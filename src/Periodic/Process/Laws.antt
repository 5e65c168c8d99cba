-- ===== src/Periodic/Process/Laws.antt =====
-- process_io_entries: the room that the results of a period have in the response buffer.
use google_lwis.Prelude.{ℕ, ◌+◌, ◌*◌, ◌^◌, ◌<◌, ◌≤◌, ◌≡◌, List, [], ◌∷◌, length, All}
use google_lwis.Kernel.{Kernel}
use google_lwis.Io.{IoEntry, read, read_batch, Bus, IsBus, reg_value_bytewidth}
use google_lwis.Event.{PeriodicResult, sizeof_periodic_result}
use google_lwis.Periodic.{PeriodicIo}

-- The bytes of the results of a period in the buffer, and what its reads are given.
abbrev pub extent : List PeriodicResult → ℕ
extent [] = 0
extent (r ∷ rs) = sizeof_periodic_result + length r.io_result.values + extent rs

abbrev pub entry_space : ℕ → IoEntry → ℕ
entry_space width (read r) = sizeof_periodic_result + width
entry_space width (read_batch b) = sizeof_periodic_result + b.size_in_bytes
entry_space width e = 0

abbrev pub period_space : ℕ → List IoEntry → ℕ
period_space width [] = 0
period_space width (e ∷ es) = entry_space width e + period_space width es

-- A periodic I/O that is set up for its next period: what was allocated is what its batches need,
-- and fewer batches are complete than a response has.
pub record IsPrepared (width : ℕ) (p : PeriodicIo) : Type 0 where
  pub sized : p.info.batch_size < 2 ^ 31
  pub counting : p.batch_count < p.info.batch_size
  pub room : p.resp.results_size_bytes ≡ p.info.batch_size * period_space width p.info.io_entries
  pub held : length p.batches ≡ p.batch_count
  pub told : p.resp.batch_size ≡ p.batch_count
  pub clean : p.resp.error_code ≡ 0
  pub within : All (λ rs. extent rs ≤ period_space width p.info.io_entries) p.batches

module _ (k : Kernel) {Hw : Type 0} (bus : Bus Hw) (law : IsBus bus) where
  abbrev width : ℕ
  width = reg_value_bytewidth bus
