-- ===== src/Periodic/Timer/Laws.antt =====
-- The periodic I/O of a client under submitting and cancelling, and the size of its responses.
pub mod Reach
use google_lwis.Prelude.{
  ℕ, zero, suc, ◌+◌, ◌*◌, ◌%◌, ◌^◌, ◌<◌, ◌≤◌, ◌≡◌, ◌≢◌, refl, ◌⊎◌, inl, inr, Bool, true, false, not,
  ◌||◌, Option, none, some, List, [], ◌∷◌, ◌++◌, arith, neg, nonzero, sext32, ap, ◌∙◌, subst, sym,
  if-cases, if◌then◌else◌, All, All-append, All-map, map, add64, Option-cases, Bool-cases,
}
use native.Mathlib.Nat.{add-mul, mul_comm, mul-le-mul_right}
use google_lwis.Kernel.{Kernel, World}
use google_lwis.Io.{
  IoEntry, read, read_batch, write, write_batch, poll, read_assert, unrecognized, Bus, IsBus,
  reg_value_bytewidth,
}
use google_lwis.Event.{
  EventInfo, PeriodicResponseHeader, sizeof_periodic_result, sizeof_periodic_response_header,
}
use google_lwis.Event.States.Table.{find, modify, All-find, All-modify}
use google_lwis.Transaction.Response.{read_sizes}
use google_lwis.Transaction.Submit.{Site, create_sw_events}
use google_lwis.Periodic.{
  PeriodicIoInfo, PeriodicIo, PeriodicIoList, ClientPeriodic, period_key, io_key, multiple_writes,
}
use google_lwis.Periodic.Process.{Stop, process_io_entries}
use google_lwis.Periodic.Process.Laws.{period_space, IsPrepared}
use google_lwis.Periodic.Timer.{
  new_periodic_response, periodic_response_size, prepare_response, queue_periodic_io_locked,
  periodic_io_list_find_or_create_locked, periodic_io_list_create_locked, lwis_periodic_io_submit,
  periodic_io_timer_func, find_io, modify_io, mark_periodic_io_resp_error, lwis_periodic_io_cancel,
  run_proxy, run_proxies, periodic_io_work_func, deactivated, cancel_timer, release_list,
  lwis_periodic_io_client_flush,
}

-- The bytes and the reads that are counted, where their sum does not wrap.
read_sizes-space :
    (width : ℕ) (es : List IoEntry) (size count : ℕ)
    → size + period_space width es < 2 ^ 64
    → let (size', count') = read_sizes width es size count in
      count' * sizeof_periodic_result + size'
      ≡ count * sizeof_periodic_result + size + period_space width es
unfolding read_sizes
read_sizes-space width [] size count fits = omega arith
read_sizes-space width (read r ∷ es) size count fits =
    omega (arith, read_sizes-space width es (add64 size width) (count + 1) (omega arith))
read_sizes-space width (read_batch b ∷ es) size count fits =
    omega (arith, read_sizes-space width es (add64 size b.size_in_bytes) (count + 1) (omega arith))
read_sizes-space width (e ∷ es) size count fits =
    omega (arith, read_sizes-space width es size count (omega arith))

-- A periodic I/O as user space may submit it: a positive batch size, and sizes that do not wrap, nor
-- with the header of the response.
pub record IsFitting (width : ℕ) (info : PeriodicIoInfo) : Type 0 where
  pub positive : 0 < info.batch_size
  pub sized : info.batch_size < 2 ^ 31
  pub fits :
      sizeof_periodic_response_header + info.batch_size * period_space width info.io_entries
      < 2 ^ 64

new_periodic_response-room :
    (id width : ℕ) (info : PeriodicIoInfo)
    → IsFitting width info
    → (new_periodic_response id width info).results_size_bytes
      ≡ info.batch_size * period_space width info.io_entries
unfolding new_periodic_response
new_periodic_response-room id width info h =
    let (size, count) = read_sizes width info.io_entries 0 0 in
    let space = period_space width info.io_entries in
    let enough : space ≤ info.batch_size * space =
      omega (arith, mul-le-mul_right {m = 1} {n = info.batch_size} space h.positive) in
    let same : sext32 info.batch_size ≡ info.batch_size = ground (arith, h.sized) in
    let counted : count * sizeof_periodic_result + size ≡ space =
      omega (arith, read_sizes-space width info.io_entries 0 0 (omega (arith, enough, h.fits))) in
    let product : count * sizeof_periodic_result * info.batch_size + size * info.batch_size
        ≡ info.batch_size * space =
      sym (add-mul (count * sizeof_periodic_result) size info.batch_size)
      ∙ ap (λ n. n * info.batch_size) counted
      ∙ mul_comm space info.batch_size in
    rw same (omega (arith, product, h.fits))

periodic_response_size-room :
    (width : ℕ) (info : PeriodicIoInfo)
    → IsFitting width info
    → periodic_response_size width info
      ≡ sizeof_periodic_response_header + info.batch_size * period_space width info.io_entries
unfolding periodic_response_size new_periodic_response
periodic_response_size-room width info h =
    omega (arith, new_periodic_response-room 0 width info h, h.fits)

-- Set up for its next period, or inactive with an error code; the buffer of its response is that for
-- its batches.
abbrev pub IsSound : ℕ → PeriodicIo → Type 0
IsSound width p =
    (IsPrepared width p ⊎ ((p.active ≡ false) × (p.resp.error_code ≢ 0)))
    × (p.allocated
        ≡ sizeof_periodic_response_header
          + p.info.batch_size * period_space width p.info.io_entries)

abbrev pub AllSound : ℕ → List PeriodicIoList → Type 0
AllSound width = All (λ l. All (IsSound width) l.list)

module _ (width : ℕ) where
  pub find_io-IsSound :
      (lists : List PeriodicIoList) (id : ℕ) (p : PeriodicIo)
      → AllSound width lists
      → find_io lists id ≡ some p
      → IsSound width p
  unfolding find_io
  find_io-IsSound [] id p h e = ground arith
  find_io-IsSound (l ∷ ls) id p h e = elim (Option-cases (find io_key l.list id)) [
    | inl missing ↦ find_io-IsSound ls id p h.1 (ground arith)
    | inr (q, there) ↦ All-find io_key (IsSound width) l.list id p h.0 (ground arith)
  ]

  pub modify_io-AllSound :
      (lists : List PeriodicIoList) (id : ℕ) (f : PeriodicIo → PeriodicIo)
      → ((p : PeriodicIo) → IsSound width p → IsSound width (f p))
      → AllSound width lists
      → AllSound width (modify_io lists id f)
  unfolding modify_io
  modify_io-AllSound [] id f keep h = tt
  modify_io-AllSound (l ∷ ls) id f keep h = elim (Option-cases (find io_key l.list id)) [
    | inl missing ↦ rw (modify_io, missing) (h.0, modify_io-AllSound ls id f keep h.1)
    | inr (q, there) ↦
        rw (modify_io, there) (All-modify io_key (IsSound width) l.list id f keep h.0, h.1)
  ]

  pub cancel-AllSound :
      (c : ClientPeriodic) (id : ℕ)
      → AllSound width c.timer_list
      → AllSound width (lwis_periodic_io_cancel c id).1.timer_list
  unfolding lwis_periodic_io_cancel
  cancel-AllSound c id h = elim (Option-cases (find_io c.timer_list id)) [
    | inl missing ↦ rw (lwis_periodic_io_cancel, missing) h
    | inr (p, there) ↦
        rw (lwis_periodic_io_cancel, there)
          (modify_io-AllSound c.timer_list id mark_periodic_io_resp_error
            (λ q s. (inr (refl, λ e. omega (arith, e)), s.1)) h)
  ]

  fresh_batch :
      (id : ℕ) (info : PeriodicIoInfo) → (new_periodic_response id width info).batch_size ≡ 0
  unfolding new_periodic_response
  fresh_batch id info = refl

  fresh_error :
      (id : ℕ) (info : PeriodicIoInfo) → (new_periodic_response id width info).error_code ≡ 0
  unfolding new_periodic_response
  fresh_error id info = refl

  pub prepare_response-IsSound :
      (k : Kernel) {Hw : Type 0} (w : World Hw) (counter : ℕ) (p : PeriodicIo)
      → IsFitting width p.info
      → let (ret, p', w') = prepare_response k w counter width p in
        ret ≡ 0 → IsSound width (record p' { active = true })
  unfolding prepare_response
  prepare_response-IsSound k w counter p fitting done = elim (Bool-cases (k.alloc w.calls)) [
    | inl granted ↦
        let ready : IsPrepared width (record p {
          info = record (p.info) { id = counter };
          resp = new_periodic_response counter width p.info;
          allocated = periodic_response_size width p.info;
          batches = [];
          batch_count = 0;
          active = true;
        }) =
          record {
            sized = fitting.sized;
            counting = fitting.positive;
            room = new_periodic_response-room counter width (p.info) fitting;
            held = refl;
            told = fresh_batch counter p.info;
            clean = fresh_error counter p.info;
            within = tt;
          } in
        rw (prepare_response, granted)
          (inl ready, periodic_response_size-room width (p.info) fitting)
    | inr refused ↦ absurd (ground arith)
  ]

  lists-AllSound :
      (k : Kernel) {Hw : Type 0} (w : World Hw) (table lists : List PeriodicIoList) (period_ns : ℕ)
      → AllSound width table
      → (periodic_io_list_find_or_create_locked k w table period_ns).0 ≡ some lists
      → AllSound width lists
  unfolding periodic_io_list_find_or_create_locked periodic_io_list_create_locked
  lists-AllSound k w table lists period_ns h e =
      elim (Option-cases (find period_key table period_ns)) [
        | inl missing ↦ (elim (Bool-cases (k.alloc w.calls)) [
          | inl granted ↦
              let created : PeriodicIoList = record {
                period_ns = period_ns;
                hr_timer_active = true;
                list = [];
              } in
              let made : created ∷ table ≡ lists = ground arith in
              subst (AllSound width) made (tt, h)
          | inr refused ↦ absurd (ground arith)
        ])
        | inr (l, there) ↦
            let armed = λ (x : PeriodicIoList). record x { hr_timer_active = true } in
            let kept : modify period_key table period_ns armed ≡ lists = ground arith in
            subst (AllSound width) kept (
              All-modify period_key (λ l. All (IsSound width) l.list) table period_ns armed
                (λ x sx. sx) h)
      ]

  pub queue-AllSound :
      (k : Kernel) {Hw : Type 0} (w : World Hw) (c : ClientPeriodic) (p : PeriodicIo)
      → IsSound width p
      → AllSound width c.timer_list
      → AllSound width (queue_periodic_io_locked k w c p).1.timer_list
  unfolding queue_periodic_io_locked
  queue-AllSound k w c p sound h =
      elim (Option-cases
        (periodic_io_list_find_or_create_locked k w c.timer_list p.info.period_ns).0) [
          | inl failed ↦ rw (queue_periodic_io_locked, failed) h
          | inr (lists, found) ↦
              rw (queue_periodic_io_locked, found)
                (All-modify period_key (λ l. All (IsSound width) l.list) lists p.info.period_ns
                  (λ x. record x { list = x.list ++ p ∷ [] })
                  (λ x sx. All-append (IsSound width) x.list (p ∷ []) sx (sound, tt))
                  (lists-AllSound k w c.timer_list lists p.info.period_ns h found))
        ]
---
_Assignment_: In which lines of the records does the word "product" appear? Copy each of them.

_Exercise solution_:
    let product : count * sizeof_periodic_result * info.batch_size + size * info.batch_size
    rw same (omega (arith, product, h.fits))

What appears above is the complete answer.